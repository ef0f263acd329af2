-- ===== src/Lock/Commands.antt =====
-- The commands of Redis that src/utils/distributed-lock.ts sends, itself or from its scripts.
-- `value_of s k` is the value under a key that has not expired at the time of the server.
use spane.Base.{ℕ, ◌<◌, String, ◌≡◌, Bool, true, false, Option, none, some, ◌==◌, if◌then◌else◌}

abbrev pub is_free : Option String → Bool
is_free none = true
is_free (some v) = false

abbrev pub holds : Option String → String → Bool
holds none token = false
holds (some v) token = v == token

abbrev pub count_of : Bool → ℕ
count_of true = 1
count_of false = 0

abbrev pub is_present : Option String → Bool
is_present none = false
is_present (some v) = true

-- `SET key value PX ttl NX`, `GET` (which is `value_of`), `DEL`, `PEXPIRE` and `EXISTS`
pub record Redis : Type 1 where
  pub Server : Type 0
  pub value_of : Server → String → Option String
  pub set_nx : String → String → ℕ → Server → Bool × Server
  pub del : String → Server → ℕ × Server
  pub pexpire : String → ℕ → Server → ℕ × Server
  pub exists : String → Server → ℕ
  pub set_nx_answer :
      (k v : String) (ttl : ℕ) (s : Server)
      → 0 < ttl
      → (set_nx k v ttl s).0 ≡ is_free (value_of s k)
  pub set_nx_value :
      (k v : String) (ttl : ℕ) (s : Server) (j : String)
      → 0 < ttl
      → value_of (set_nx k v ttl s).1 j
        ≡ (if k == j then if is_free (value_of s j) then some v else value_of s j else value_of s j)
  pub del_answer : (k : String) (s : Server) → (del k s).0 ≡ count_of (is_present (value_of s k))
  pub del_value :
      (k : String) (s : Server) (j : String)
      → value_of (del k s).1 j ≡ (if k == j then none else value_of s j)
  pub pexpire_answer :
      (k : String) (ttl : ℕ) (s : Server)
      → (pexpire k ttl s).0 ≡ count_of (is_present (value_of s k))
  pub pexpire_value :
      (k : String) (ttl : ℕ) (s : Server) (j : String)
      → 0 < ttl
      → value_of (pexpire k ttl s).1 j ≡ value_of s j
  pub exists_answer : (k : String) (s : Server) → exists k s ≡ count_of (is_present (value_of s k))
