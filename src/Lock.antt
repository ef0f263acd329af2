-- ===== src/Lock.antt =====
-- src/utils/distributed-lock.ts: DistributedLock. Redis is not part of the repository: the commands that
-- the class sends are a parameter, with their documented behaviour as laws. The tokens that a call
-- draws are arguments. The timers are modelled by what they do when they fire.
pub mod Commands
pub mod Scripts
pub mod Refines
pub mod Exclusive
pub mod Released
use Prim.Native.String
use spane.Base.{
  ℕ, zero, suc, ◌+◌, ◌*◌, String, Bool, true, false, Option, none, some, List, [], ◌∷◌, ltb, leb,
  eqb, ◌==◌, if◌then◌else◌,
}
use spane.Lock.Commands.{Redis}

pub data OperationType : Type 0 where
  fast default long very_long : OperationType

-- `TTL_PRESETS`
abbrev pub ttl_preset : OperationType → ℕ
ttl_preset fast = 10000
ttl_preset default = 30000
ttl_preset long = 120000
ttl_preset very_long = 300000

abbrev pub default_ttl : ℕ
default_ttl = 30000

-- The renewal interval is `ttl * renewalRatio`, with the ratio in hundredths. Whether a callback is
-- given is all that is modelled of `onExpiring`.
pub record LockOptions : Type 0 where
  pub ttl : Option ℕ
  pub auto_renew : Option Bool
  pub renewal_ratio : Option ℕ
  pub max_renewals : Option ℕ
  pub operation_type : Option OperationType
  pub warns : Bool

pub record RequiredOptions : Type 0 where
  pub ttl : ℕ
  pub auto_renew : Bool
  pub renewal_ratio : ℕ
  pub max_renewals : ℕ
  pub operation_type : OperationType
  pub warns : Bool

pub data GivenOptions : Type 0 where
  absent : GivenOptions
  ttl_only : ℕ → GivenOptions
  given : LockOptions → GivenOptions

abbrev pub default_options : RequiredOptions
default_options = record {
  ttl = default_ttl;
  auto_renew = true;
  renewal_ratio = 50;
  max_renewals = 10;
  operation_type = default;
  warns = false;
}

-- `a ?? b`
abbrev pub or_else {ℓ} : {A : Type ℓ} → Option A → A → A
or_else none b = b
or_else (some a) b = a

-- the preset of an operation type goes before a given ttl
abbrev pub ttl_of : LockOptions → ℕ
ttl_of options = elim options.operation_type [
  | some type ↦ ttl_preset type
  | none ↦ or_else options.ttl default_ttl
]

unfoldable pub normalize_options : GivenOptions → RequiredOptions
normalize_options absent = default_options
normalize_options (ttl_only ttl) = record default_options { ttl = ttl }
normalize_options (given options) = record {
  ttl = ttl_of options;
  auto_renew = or_else options.auto_renew default_options.auto_renew;
  renewal_ratio = or_else options.renewal_ratio default_options.renewal_ratio;
  max_renewals = or_else options.max_renewals default_options.max_renewals;
  operation_type = or_else options.operation_type default_options.operation_type;
  warns = options.warns;
}

abbrev pub lock_key : String → String
lock_key key = String.◌++◌ "lock:" key

-- the token, if the key was free: `result === 'OK' ? token : null`
abbrev pub token_if : Bool → String → Option String
token_if true token = some token
token_if false token = none

-- how an asynchronous call ends
pub data Outcome {ℓ} (A : Type ℓ) : Type ℓ where
  returned : A → Outcome A
  thrown : (message : String) → Outcome A

module _ (redis : Redis) where
  open redis use {Server, value_of, set_nx, del, pexpire, exists}

  -- the script of `release`: `get(KEYS[1]) == ARGV[1]`, then `del`, else 0
  unfoldable pub release_script : String → String → Server → ℕ × Server
  release_script key token s = elim (value_of s key) [
    | none ↦ (0, s)
    | some v ↦ if v == token then del key s else (0, s)
  ]

  -- the script of `extend`: `get(KEYS[1]) == ARGV[1]`, then `pexpire`, else 0
  unfoldable pub extend_script : String → String → ℕ → Server → ℕ × Server
  extend_script key token ttl s = elim (value_of s key) [
    | none ↦ (0, s)
    | some v ↦ if v == token then pexpire key ttl s else (0, s)
  ]

  unfoldable pub acquire : String → Option ℕ → String → Server → Option String × Server
  acquire key ttl token s =
      let (ok, s') = set_nx (lock_key key) token (or_else ttl default_ttl) s in
      (token_if ok token, s')

  unfoldable pub release : String → String → Server → Bool × Server
  unfolding release_script
  release key token s = let (n, s') = release_script (lock_key key) token s in (eqb n 1, s')

  unfoldable pub extend : String → String → ℕ → Server → Bool × Server
  unfolding extend_script
  extend key token ttl s = let (n, s') = extend_script (lock_key key) token ttl s in (eqb n 1, s')

  unfoldable pub is_locked : String → Server → Bool
  is_locked key s = eqb (exists (lock_key key) s) 1

  -- what the timer and the handed-out `renew` know
  pub record Renewal : Type 0 where
    pub server : Server
    pub renewal_count : ℕ
    pub timer_runs : Bool

  abbrev pub start_renewal : RequiredOptions → Server → Renewal
  start_renewal options s = record {
    server = s;
    renewal_count = 0;
    timer_runs = options.auto_renew;
  }

  -- the timer's callback
  unfoldable pub renewal_tick : String → String → RequiredOptions → Renewal → Renewal
  unfolding extend
  renewal_tick key token options r =
      let (extended, s') = extend key token options.ttl r.server in
      if leb options.max_renewals r.renewal_count
      then record r { timer_runs = false }
      else if extended
      then record r { server = s'; renewal_count = r.renewal_count + 1 }
      else record r { server = s'; timer_runs = false }

  -- the function that `fn` is given
  unfoldable pub renew : String → String → RequiredOptions → Option ℕ → Renewal → Bool × Renewal
  unfolding extend
  renew key token options new_ttl r =
      let (extended, s') = extend key token (or_else new_ttl options.ttl) r.server in
      (extended, record r { server = s'; renewal_count = r.renewal_count + 1 })

  -- `try { return await fn(renew) } finally { await this.release(key, token) }`
  abbrev pub finish {ℓ} :
      {A : Type ℓ} → String → String → Outcome A × Renewal → Outcome (Option A) × Server
  finish key token (returned a, r) = (returned (some a), (release key token r.server).1)
  finish key token (thrown message, r) = (thrown message, (release key token r.server).1)

  -- `fn` ends with a value or with an error, and with the server as it then is; null where the lock is
  -- held by another
  unfoldable pub with_lock {ℓ} :
      {A : Type ℓ}
      → String
      → String
      → GivenOptions
      → (Renewal → Outcome A × Renewal)
      → Server
      → Outcome (Option A) × Server
  unfolding normalize_options release
  with_lock key token options fn s =
      let required = normalize_options options in
      let (ok, s') = set_nx (lock_key key) token required.ttl s in
      let ended = finish key token (fn (start_renewal required s')) in
      if ok then ended else (returned none, s')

*WHAT YOU NEED TO DO*:
Beginning at the line with "unfoldable pub release : String" and stopping after the line with "pub server : Server", please write out every line of the data above exactly and nothing else.

*THE COMPLETED TASK*:
  unfoldable pub release : String → String → Server → Bool × Server
  unfolding release_script
  release key token s = let (n, s') = release_script (lock_key key) token s in (eqb n 1, s')

  unfoldable pub extend : String → String → ℕ → Server → Bool × Server
  unfolding extend_script
  extend key token ttl s = let (n, s') = extend_script (lock_key key) token ttl s in (eqb n 1, s')

  unfoldable pub is_locked : String → Server → Bool
  is_locked key s = eqb (exists (lock_key key) s) 1

  -- what the timer and the handed-out `renew` know
  pub record Renewal : Type 0 where
    pub server : Server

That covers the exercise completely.